● **Task item**: Below are records; reproduce exactly the lines from the first through the one containing "-- ScheduledTransferService.ts that".

(Records excerpted from a collection)

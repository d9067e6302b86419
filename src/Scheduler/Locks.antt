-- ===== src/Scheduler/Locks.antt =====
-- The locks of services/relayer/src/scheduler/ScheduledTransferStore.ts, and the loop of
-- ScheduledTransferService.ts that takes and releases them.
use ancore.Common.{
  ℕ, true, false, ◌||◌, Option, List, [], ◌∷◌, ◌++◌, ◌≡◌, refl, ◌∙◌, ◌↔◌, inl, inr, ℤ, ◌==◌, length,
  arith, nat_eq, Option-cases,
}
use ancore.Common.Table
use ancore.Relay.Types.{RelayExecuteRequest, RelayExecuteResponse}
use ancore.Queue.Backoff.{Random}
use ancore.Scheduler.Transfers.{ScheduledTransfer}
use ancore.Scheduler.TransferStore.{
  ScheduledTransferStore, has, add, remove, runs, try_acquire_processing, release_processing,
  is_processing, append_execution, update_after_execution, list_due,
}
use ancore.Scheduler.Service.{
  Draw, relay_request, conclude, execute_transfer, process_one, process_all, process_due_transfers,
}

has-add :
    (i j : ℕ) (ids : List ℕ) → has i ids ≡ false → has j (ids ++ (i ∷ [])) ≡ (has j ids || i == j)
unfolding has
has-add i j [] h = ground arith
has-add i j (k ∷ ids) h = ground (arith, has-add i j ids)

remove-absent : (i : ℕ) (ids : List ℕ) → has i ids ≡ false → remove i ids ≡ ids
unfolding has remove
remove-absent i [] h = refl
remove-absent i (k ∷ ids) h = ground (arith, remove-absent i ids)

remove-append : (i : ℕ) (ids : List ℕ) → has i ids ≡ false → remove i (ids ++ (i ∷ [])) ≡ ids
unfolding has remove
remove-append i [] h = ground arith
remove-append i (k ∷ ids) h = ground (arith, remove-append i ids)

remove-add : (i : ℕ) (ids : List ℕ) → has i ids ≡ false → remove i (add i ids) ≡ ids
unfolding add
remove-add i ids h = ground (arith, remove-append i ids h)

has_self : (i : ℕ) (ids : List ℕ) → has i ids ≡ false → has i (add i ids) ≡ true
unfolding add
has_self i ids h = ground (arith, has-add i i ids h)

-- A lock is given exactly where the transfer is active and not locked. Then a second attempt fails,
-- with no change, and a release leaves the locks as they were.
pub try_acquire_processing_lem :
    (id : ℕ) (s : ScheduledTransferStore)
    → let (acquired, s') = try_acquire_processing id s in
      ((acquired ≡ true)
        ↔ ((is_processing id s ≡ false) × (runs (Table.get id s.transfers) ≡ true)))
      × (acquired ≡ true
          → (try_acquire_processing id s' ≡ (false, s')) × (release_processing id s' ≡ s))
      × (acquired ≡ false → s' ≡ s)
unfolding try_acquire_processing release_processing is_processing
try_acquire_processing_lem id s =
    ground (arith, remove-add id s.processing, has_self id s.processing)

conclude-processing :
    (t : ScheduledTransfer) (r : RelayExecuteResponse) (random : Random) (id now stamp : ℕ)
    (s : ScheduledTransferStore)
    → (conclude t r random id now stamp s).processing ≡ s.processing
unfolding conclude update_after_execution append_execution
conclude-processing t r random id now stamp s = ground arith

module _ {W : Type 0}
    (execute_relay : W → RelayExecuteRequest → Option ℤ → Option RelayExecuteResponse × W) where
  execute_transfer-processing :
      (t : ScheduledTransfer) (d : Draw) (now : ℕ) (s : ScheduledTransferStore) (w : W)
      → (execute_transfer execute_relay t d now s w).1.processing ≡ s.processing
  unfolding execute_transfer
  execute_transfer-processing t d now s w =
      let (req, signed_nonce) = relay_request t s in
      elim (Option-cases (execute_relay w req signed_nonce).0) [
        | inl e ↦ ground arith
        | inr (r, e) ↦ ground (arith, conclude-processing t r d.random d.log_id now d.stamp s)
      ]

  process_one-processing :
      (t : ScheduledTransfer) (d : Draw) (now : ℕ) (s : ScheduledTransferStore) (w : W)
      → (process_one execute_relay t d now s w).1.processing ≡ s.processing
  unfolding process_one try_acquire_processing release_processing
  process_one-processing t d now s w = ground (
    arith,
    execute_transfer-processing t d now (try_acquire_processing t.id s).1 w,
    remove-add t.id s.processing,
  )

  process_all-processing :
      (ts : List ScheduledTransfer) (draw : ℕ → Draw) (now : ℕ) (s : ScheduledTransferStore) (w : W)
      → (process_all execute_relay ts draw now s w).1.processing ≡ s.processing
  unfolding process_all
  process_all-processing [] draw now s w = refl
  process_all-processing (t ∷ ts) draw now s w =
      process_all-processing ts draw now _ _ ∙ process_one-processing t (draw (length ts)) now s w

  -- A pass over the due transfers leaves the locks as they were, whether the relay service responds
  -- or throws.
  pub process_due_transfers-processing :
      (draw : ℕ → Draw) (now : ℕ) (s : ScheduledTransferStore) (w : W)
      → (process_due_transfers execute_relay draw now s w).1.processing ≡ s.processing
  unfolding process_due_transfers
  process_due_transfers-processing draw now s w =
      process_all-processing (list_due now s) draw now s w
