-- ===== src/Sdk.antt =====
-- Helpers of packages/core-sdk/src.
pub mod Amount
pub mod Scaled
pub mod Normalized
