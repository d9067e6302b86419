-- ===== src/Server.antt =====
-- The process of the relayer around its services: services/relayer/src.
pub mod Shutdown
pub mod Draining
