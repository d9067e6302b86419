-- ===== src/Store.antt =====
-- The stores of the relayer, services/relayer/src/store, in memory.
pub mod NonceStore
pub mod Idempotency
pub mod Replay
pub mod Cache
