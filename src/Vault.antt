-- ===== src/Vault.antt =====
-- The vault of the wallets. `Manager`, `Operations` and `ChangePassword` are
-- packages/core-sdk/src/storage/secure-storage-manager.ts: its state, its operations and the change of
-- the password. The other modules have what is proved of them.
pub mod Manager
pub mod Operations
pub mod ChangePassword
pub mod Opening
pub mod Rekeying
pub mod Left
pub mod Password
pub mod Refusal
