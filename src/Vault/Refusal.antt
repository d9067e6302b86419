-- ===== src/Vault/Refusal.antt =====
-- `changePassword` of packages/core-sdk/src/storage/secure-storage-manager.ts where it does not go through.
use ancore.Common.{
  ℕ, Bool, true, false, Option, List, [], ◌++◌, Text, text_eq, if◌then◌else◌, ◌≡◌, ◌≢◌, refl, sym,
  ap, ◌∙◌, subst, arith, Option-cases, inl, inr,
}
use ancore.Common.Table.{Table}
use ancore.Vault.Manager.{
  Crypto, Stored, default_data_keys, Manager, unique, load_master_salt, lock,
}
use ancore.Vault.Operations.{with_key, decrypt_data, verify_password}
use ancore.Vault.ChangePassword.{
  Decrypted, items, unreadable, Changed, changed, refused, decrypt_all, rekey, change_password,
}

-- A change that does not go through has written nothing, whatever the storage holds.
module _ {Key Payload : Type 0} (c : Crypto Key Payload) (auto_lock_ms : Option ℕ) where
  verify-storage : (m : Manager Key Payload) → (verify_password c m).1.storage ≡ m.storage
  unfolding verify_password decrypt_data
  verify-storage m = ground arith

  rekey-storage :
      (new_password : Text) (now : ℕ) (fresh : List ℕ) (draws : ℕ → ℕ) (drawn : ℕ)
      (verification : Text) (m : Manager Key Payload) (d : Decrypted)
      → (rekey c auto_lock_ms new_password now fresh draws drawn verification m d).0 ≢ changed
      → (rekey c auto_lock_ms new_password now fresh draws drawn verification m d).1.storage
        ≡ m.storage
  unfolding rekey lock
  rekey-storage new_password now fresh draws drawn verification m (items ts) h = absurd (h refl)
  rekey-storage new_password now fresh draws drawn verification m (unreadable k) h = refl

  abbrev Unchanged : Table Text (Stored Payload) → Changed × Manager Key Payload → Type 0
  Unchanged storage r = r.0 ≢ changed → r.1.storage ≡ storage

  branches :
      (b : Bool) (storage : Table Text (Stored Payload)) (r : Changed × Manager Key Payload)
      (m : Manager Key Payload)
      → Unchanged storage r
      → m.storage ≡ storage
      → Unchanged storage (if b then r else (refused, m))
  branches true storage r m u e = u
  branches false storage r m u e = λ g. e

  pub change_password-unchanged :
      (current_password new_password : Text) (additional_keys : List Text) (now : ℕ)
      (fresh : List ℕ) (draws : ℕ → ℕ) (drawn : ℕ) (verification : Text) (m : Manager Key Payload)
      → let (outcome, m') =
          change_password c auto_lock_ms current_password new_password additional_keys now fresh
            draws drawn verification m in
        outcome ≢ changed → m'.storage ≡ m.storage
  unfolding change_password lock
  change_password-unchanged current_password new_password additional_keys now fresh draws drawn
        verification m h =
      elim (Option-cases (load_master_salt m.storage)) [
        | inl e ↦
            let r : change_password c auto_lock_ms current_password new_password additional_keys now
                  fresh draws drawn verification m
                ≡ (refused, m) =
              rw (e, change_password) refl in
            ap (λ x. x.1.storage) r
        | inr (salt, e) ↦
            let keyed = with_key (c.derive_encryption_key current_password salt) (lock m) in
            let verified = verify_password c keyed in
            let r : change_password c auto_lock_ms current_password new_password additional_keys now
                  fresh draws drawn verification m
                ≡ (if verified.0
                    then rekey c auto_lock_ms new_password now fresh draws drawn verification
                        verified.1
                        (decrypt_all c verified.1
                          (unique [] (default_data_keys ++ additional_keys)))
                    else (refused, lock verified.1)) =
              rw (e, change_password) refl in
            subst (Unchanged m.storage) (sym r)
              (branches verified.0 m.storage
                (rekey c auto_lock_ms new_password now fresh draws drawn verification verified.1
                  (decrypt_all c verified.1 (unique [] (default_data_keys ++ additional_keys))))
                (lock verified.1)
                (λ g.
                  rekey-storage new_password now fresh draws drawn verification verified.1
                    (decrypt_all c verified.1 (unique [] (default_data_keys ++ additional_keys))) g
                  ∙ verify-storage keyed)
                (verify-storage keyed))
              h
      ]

● **Expected answer**:
repository d9067e6302b86419
filename src/Scheduler/Locks.antt
-- ===== src/Scheduler/Locks.antt =====
-- The locks of services/relayer/src/scheduler/ScheduledTransferStore.ts, and the loop of
-- ScheduledTransferService.ts that takes and releases them.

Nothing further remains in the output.